(WHAT IS BEING ASKED): Using the listing below, extract each line that has the word "none" in it.

(RECORDED DATA):
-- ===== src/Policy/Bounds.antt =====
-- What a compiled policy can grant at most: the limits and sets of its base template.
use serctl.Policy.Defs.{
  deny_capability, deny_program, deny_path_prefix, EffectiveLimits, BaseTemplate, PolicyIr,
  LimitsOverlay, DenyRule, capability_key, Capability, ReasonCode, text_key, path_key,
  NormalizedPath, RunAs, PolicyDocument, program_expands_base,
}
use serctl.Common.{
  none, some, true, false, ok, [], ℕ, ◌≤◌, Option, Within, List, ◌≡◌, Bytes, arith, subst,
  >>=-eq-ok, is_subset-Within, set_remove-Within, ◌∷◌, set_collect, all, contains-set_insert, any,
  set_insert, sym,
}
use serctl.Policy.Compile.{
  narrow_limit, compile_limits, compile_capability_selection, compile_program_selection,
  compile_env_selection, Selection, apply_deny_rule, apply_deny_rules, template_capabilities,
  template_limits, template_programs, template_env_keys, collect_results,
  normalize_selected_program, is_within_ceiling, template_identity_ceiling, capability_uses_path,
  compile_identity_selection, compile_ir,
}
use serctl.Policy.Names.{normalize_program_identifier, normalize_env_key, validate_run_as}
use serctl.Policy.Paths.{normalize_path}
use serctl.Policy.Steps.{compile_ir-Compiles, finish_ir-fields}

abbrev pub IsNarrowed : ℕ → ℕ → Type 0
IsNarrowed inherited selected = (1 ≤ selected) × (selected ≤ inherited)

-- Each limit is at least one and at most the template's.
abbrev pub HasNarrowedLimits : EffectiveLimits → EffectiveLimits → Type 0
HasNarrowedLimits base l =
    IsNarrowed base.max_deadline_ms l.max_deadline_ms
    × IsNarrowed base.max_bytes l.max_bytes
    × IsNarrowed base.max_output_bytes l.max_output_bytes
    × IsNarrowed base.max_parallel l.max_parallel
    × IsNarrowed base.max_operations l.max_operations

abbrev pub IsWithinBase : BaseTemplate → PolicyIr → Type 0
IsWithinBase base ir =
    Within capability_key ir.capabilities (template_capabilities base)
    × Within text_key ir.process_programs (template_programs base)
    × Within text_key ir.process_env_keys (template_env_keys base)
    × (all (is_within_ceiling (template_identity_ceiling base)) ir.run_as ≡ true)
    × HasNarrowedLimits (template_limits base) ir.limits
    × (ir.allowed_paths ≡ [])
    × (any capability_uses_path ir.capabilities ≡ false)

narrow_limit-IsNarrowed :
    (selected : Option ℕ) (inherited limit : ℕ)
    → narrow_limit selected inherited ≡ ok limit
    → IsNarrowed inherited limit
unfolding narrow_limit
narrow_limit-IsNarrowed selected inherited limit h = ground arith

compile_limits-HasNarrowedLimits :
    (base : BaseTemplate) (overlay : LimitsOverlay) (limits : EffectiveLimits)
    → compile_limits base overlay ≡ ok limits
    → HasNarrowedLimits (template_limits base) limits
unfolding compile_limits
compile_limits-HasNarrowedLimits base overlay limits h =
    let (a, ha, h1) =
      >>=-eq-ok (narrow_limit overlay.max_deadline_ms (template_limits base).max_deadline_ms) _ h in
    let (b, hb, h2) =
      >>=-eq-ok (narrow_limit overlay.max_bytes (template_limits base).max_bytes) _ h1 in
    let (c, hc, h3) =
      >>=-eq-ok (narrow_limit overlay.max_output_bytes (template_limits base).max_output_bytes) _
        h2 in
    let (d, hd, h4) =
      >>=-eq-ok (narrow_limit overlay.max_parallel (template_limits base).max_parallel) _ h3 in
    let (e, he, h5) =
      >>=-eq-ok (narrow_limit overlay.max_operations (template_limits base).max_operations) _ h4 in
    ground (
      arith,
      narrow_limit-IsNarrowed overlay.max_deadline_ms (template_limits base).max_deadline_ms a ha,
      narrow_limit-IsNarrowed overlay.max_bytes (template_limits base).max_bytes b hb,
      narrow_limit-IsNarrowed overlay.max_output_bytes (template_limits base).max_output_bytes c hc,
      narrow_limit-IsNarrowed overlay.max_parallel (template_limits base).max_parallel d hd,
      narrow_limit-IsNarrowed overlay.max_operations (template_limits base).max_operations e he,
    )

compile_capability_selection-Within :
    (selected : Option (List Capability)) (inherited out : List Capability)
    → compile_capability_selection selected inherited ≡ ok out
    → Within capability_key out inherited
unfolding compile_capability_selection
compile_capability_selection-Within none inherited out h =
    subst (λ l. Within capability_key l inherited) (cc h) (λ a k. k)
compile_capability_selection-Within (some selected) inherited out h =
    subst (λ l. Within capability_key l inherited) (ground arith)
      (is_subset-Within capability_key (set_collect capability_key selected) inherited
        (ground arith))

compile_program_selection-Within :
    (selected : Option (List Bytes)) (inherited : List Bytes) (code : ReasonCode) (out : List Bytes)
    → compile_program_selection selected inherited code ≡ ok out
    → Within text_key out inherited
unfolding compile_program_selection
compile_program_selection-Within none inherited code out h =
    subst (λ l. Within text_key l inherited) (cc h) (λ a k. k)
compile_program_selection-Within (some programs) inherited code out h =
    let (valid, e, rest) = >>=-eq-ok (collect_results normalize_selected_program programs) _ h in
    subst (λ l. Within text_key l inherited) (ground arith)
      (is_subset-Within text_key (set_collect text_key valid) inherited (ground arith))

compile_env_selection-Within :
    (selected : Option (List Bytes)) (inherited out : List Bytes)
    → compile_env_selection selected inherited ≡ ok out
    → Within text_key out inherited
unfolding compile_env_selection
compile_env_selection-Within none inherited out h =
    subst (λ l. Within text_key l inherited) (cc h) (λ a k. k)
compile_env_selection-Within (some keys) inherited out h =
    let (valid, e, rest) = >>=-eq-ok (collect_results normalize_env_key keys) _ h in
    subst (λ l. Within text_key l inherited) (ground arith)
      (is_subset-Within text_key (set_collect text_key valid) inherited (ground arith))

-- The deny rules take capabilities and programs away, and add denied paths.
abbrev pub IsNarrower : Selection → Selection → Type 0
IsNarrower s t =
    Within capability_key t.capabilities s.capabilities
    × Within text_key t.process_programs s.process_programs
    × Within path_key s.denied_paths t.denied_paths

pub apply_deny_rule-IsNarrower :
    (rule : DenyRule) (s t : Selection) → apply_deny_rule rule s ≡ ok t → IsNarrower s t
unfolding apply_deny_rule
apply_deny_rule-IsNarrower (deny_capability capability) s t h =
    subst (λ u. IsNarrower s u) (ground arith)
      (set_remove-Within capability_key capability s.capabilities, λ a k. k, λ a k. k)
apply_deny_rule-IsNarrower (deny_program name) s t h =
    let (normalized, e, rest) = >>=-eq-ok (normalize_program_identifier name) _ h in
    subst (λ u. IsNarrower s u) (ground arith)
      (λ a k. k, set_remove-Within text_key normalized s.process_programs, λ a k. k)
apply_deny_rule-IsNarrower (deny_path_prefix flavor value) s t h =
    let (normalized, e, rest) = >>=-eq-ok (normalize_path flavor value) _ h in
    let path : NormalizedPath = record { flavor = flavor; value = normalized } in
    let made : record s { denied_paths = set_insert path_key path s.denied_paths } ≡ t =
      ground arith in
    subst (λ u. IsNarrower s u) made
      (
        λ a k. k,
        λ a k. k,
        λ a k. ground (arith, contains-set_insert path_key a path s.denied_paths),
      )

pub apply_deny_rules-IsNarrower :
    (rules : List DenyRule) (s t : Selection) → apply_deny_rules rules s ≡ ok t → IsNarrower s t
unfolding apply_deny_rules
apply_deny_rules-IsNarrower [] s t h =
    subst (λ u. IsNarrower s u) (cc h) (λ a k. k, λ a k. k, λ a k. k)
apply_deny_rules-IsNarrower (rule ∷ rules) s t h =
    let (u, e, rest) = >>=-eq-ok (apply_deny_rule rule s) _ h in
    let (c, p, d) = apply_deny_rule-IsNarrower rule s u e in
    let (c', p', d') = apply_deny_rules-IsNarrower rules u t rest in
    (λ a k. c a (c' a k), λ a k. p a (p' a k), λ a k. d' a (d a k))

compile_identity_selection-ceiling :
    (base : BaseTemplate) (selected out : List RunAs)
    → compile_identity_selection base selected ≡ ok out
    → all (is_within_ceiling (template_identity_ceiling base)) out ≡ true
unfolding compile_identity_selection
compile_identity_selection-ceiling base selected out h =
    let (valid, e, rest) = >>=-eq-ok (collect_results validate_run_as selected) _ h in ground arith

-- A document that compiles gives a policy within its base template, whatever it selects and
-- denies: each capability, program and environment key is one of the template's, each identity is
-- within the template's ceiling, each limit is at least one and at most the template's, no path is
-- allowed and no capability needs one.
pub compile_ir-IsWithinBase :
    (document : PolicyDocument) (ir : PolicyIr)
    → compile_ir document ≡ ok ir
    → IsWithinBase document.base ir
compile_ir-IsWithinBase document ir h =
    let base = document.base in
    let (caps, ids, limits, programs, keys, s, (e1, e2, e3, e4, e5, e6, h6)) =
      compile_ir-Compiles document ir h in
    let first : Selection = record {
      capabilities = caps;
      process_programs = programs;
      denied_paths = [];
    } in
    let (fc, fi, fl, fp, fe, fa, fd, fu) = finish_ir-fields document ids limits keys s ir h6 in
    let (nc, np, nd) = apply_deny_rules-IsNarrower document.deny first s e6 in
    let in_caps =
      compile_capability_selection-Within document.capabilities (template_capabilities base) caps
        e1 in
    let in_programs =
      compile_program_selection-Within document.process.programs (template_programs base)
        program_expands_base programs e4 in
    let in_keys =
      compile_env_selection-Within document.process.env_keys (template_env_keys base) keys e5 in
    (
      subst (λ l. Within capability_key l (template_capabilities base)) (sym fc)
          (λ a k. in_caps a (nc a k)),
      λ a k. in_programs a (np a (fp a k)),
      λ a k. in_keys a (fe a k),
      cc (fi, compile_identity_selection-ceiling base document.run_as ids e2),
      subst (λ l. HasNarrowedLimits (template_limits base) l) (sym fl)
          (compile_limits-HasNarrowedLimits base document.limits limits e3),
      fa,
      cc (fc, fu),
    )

--

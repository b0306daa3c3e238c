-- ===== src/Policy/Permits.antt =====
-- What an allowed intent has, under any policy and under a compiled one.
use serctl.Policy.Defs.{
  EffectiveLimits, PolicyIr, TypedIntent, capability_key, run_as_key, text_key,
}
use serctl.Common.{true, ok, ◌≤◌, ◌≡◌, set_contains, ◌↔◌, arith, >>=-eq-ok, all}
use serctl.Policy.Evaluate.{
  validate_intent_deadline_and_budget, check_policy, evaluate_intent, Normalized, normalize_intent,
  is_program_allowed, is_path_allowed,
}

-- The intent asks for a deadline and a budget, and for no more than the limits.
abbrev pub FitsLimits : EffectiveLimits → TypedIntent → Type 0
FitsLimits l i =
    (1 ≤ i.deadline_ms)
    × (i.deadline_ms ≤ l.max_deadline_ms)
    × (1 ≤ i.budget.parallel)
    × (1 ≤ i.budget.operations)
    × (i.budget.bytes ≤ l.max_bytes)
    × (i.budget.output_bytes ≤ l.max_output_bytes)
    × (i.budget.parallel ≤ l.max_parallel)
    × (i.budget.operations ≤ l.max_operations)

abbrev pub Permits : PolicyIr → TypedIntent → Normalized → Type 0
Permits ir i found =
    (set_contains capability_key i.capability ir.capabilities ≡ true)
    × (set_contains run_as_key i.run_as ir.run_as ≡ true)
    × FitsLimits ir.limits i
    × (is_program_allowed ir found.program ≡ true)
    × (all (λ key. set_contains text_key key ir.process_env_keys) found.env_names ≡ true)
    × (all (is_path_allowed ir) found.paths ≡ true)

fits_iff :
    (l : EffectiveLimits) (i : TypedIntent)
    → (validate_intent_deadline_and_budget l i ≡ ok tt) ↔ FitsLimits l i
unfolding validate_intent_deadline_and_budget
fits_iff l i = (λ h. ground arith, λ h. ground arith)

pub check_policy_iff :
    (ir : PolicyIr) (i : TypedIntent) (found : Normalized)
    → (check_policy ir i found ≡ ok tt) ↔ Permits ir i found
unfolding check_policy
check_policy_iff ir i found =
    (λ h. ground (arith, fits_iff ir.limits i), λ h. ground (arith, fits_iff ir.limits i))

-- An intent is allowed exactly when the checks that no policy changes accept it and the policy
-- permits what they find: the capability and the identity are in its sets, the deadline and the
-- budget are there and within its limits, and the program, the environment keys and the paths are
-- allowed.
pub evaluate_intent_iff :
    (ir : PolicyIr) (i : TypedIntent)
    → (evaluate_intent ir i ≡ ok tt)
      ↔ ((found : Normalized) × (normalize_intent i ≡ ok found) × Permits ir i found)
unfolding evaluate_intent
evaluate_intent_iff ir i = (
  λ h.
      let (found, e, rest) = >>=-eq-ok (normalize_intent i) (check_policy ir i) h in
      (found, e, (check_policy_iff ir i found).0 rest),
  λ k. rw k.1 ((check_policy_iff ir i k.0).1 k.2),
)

(EXERCISE ANSWER):
  none, some, true, false, ok, [], ℕ, ◌≤◌, Option, Within, List, ◌≡◌, Bytes, arith, subst,
compile_capability_selection-Within none inherited out h =
compile_program_selection-Within none inherited code out h =
compile_env_selection-Within none inherited out h =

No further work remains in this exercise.